The Toxic Air Scandal should be front-page news. It was responsible for an estimated 40,000 early deaths in the UK last year. But Environment Secretary Andrea Leadsom has applied to the High Court to prevent the scandal breaking before the election.
The Toxic Air Scandal
Politicians from all major parties have called upon the government to treat the Toxic Air Scandal as an emergency. Illegal levels of nitrogen dioxide in the air, attributed in the main to diesel emissions, led to 40,000 early deaths in the last year alone. This means toxic air killed twice as many people last year as car crashes, breast cancer, and murder combined. It is roughly equal to the number of people who die each year from heart disease.

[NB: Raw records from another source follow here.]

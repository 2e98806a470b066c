-- ===== src/Generic/FastWalk.antt =====
-- The walk of `FastSync` over the whole local database.
use coldsync.Base.{
  ℕ, ◌==◌, true, false, Bool-cases, none, some, List, [], ◌∷◌, map, All, ◌≡◌, ◌≢◌, ◌⊎◌, refl, sym,
  ◌∙◌, inl, inr, arith,
}
use coldsync.Pdb.{PdbRecord, at_addr}
use coldsync.Pdb.Ids.{content, lookup, Unique}
use coldsync.Generic.Remote.{Palm, IsLawful}
use coldsync.Generic.Monad.{Conduit}
use coldsync.Generic.Steps.{Lands}
use coldsync.Generic.Ready.{Fine, Synced}
use coldsync.Generic.Freed.{Apart}
use coldsync.Generic.Slow.{for_each}
use coldsync.Generic.Fast.{fast_local, fast_records}
use coldsync.Generic.Walks.{IsClean}
use coldsync.Generic.Frames.{Lands-bind, Lands-map, Frame, Spare, fast_local-Frame}

module _ (palm : Palm) (lawful : IsLawful palm) where
  -- A record of the database that stands at its address, and that lives on the Palm if it has no mark.
  abbrev pub Stands : Conduit palm.State → PdbRecord → Type 0
  Stands s o =
      (at_addr o.addr s.localdb.recs ≡ some o)
      × (IsClean o → lawful.held o.id s.palm ≡ some (content o))

  -- The records that the walk has still to look at, while all other IDs agree.
  abbrev Left : List PdbRecord → Conduit palm.State → Type 0
  Left ls s =
      Fine palm lawful s
      × Unique s.localdb.recs
      × Unique ls
      × Apart ls
      × All (Stands s) ls
      × ((i : ℕ) → lookup i ls ≡ none → lookup i s.localdb.recs ≡ lawful.held i s.palm)

  -- No other record has changed, nor what the Palm has of it.
  abbrev Steady : ℕ → ℕ → ℕ → Conduit palm.State → Conduit palm.State → Type 0
  Steady k a n s s' =
      ((i : ℕ) → k ≢ i → n ≢ i → lawful.held i s'.palm ≡ lawful.held i s.palm)
      × ((b : ℕ) (o : PdbRecord)
          → b ≢ a
          → o.id ≢ k
          → at_addr b s.localdb.recs ≡ some o
          → at_addr b s'.localdb.recs ≡ some o)

  All-Stands :
      (k a n : ℕ) (s s' : Conduit palm.State) (ls : List PdbRecord)
      → Steady k a n s s'
      → lookup k ls ≡ none
      → lookup n ls ≡ none
      → at_addr a ls ≡ none
      → All (Stands s) ls
      → All (Stands s') ls
  unfolding lookup at_addr
  All-Stands k a n s s' [] steady no_k no_n no_a all = tt
  All-Stands k a n s s' (o ∷ ls) (same, others) no_k no_n no_a ((at_o, clean), all) = (
    (
      others o.addr o (ground (arith, no_a)) (ground (arith, no_k)) at_o,
      (λ c. same o.id (ground (arith, no_k)) (ground (arith, no_n)) ∙ clean c),
    ),
    All-Stands k a n s s' ls (same, others) (ground (arith, no_k)) (ground (arith, no_n))
        (ground (arith, no_a)) all,
  )

  Left-step :
      (l : PdbRecord) (ls : List PdbRecord) (s s' : Conduit palm.State)
      → Left (l ∷ ls) s
      → Frame palm lawful (λ n. lookup n ls ≡ none) l.id l.addr s tt s'
      → Left ls s'
  unfolding lookup
  Left-step l ls s s' (_, _, unique, apart, all, agree)
        (n, free, fine', unique', here, there, same, others) =
      (
        fine',
        unique',
        unique.1,
        apart.1,
        All-Stands l.id l.addr n s s' ls ((λ i k_i n_i. (same i k_i n_i).1), others) unique.0
            (no_n free) apart.0 all.1,
        λ i no_i. agrees i no_i (Bool-cases (l.id == i)) (Bool-cases (n == i)),
      )
    where
      no_n : (n ≡ l.id) ⊎ (lookup n ls ≡ none) → lookup n ls ≡ none
      no_n (inl e) = rw e unique.0
      no_n (inr e) = e

      agrees :
          (i : ℕ)
          → lookup i ls ≡ none
          → ((l.id == i) ≡ true) ⊎ ((l.id == i) ≡ false)
          → ((n == i) ≡ true) ⊎ ((n == i) ≡ false)
          → lookup i s'.localdb.recs ≡ lawful.held i s'.palm
      agrees i no_i (inl e) _ = ground (arith, here, e)
      agrees i no_i (inr e) (inl e') = ground (arith, there, e')
      agrees i no_i (inr e) (inr e') =
          (same i (ground (arith, e)) (ground (arith, e'))).0
          ∙ (agree i (ground (arith, e, no_i))
              ∙ sym (same i (ground (arith, e)) (ground (arith, e'))).1)

  -- An ID that the Palm gives to a record in place of its own is none of these records'.
  abbrev pub GivesSpare : List PdbRecord → Type 0
  GivesSpare ls =
      (id flags category : ℕ) (bytes : List ℕ) (p : palm.State)
      → (palm.write_record id flags category bytes p).1 ≢ id
      → lookup (palm.write_record id flags category bytes p).1 ls ≡ none

  walk-Synced :
      (ls : List PdbRecord) (s : Conduit palm.State)
      → GivesSpare ls
      → Left ls s
      → Lands (Synced palm lawful) (for_each (map (λ r. r.addr) ls) (fast_local palm) s)
  unfolding for_each lookup
  walk-Synced [] s gives (fine, unique, _, _, _, agree) = (fine, (unique, λ i. agree i refl))
  walk-Synced (l ∷ ls) s gives left =
      Lands-bind (Synced palm lawful) (fast_local palm l.addr)
        (λ _. for_each (map (λ r. r.addr) ls) (fast_local palm)) s
        (Lands-map (Frame palm lawful (λ n. lookup n ls ≡ none) l.id l.addr s)
          (λ _ s'.
            Lands (Synced palm lawful) (for_each (map (λ r. r.addr) ls) (fast_local palm) s'))
          (fast_local palm l.addr s)
          (λ _ s' frame. walk-Synced ls s' fewer (Left-step l ls s s' left frame))
          (fast_local-Frame palm lawful (λ n. lookup n ls ≡ none) l.addr l s spare
            (left.0, left.1, left.4.0.0) left.4.0.1))
    where
      fewer : GivesSpare ls
      fewer id flags category bytes p other = ground (arith, gives id flags category bytes p other)

      spare : Spare palm lawful (λ n. lookup n ls ≡ none) l s
      spare flags category bytes other = (
        fewer l.id flags category bytes s.palm other,
        left.5 _ (gives l.id flags category bytes s.palm other)
            ∙ lawful.fresh_id l.id flags category bytes s.palm other,
      )

  -- If the Palm takes every record that it is sent and else keeps to the laws of `IsLawful`, by
  -- which it may have no record to delete, and gives to a record that it does not have its own ID or
  -- one that no record of the local database has, memory is found, the local database is no resource
  -- database, its IDs and its addresses are unique, each of its records stands at its address, and
  -- has the content that lives on the Palm if it has no mark, and nothing else lives on the Palm,
  -- then the walk of `FastSync` over the local database succeeds, and leaves one of unique IDs that
  -- holds just what lives on the Palm.
  pub fast_records-Synced :
      (s : Conduit palm.State)
      → GivesSpare s.localdb.recs
      → Fine palm lawful s
      → Unique s.localdb.recs
      → Apart s.localdb.recs
      → All (Stands s) s.localdb.recs
      → ((i : ℕ) → lookup i s.localdb.recs ≡ none → lawful.held i s.palm ≡ none)
      → Lands (Synced palm lawful) (fast_records palm s)
  unfolding fast_records
  fast_records-Synced s gives fine unique apart all empty =
      walk-Synced s.localdb.recs s gives
        (fine, unique, unique, apart, all, λ i free. free ∙ sym (empty i free))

But Environment Secretary Andrea Leadsom, who has appeared to be sceptical about climate change in the past, also fails to see the Toxic Air Scandal as an emergency. Instead, the government has applied to the High Court to use ‘purdah rules’ (which exempt some information from debate in the run-up to an election) to shut down the scandal.

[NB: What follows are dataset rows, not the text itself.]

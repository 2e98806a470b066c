-- ===== src/Generic/First.antt =====
-- What `FirstSync` does to the records of the downloaded database, which becomes the backup.
use coldsync.Base.{ℕ, if◌then◌else◌, map}
use coldsync.Pdb.{PdbRecord, pdb_delete_record_by_id}
use coldsync.Generic.{archive_record, or_unchanged}
use coldsync.Generic.Monad.{M, ◌>>=◌, ◌>>◌, gets, modify}
use coldsync.Generic.Records.{expunged, clear_status_flags}
use coldsync.Generic.Slow.{for_each, to_archive, load_remote, change_remote}

module _ {P : Type 0} where
  unfoldable pub first_cases : ℕ → PdbRecord → M P (Unit {0})
  unfolding archive_record change_remote
  first_cases a remoterec =
      if to_archive remoterec
      then change_remote a clear_status_flags >> archive_record (clear_status_flags remoterec)
      else if expunged remoterec
      then modify (λ s. record s {
        remotedb = or_unchanged (pdb_delete_record_by_id s.remotedb remoterec.id) s.remotedb;
      })
      else change_remote a clear_status_flags

  unfoldable pub first_remote : ℕ → M P (Unit {0})
  unfolding load_remote first_cases
  first_remote a = load_remote a >>= first_cases a

  unfoldable pub first_records : M P (Unit {0})
  unfolding for_each first_remote
  first_records = do
    remote ← gets (λ s. map (λ r. r.addr) s.remotedb.recs)
    for_each remote first_remote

Opposition MPs called Leadsom to the House of Commons on 24 April to defend her decision. The Labour MP for Slough, Fiona MacTaggert, told Leadsom:
At the present rate, there will be seven more dead people in Slough by the time she publishes this air quality plan.
Isn’t this an urgent health issue and what is she going to say to the families of those seven people who will die before she even publishes?
The Environment Secretary refused to change course. Despite the fact that “safeguarding public health” is exempted from purdah rules by the Cabinet Office guidelines, Leadsom insists purdah is a legitimate excuse to kick the issue into the long grass. She told the Commons:
This would generally only apply if there was an unexpected public health emergency, such as for example contaminated food, which needed to be dealt with urgently. So this doesn’t fall within that category for exception.
— Sky News (@SkyNews) April 24, 2017
A full retreat
Later that evening, Leadsom was due on the BBC to address the government’s poor record on the environment. But she cancelled at the last minute.
Was meant to be on BBC tonight debating @andrealeadsom and Tory govt failure on clean air. Cancelled due to Tory refusal to defend record
— Sue Hayman (@SueHayman1) April 24, 2017
here's the record: pic.twitter.com/Yqt6zKYIq3
— cycleoptic (@cycleoptic) April 25, 2017
The government will not publish its clean air plans until late June. After voters have gone to the polls to choose their new government.
Environmental lawyers ClientEarth, who have form in bringing legal proceedings against the government, may stand in their way. But voters can help too. By making as much noise as possible about a scandal the government wants to keep quiet.